JPMorgan sees liquidity in S&P 500 futures, or how easy it is to trade, is worrying, even by the standards of the pandemic collapse more than two years ago. Market depth in U.S. Treasuries is also approaching historic dire levels in Goldman Sachs data. JPMorgan strategist Nikolaos Panigirtzoglou wrote in an email that market depth is not much better than it was in March 2020, meaning the market's ability to digest relatively large orders without significantly affecting prices is currently low.

While the trading woes of 2020 have begun to ease in just a few weeks, times have changed, and for many on Wall Street, the problem appears to have no end to this year as the Fed moves away from the era of easy money amid strong economic data. And this has become a source of cross-asset volatility. Goldman Sachs rates strategist Avisha Thakkar said: “Market depth and price impact indicators are approaching levels seen during the virus shock, indicating a fairly high risk of price disorder. Without the Fed as a backup buyer, a side effect is that when a shock does materialize, the market Fragile risks are greater.

Analyst Cameron Crise: Fed may be forced to raise rates sharply in September or beyond if inflation doesn't subside over summer

If inflation doesn't subside over the summer, the Fed could be forced to raise rates sharply in September or beyond. This is not reflected in market pricing, so the September FOMC meeting will need to focus on the Fed's reaction and market risk. Of course, it's not shocking that Powell sounds tough. He noted that the FOMC would not hesitate to exceed the neutral rate if needed. Of course, no one really knows where the neutral rate will be in the short run, although the committee believes that in the long run, the nominal neutral rate is around 2.375%-2.5%.

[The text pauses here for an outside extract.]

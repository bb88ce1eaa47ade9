-- ===== src/Caep.antt =====
-- internal/caep/set.go: the SET that the translator sends to the actuator, and its unsigned JWT.
pub mod Set
pub mod Jwt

Analyst: If Bullard's yield forecast is accurate, stock market rally won't last

Stocks rallied again on Tuesday, but if St. Louis Fed President Bullard is right, the rally won't last long. Bullard expects upward pressure on yields as central banks shrink their balance sheets. Policymakers need to focus on the impact of "global quantitative tightening" as other central banks are also shrinking their balance sheets. The prospect of Fed tightening has already been reflected in the market;

This means that the balance sheet, not the interest rate outlook, will be the main force driving the market. The 10-year U.S. Treasury yield could rise above 3%, and the dollar could resume its gains. The stock market rally we've seen may just be a pause in a broad market sell-off.

Analyst Divyang Shah: ECB more likely to raise rates by 50bps in September

Today's speech by the hawkish ECB Governing Council member Nott made a 50-basis-point rate hike possible at the July meeting, and bets now point to a 15% chance of a 50-basis-point rate hike by the ECB. We think the ECB is more likely to start with a 25bps rate hike and will consider a larger 50bps hike at its September meeting, and if that happens, a 50bps hike in December The possibility should not be ruled out either.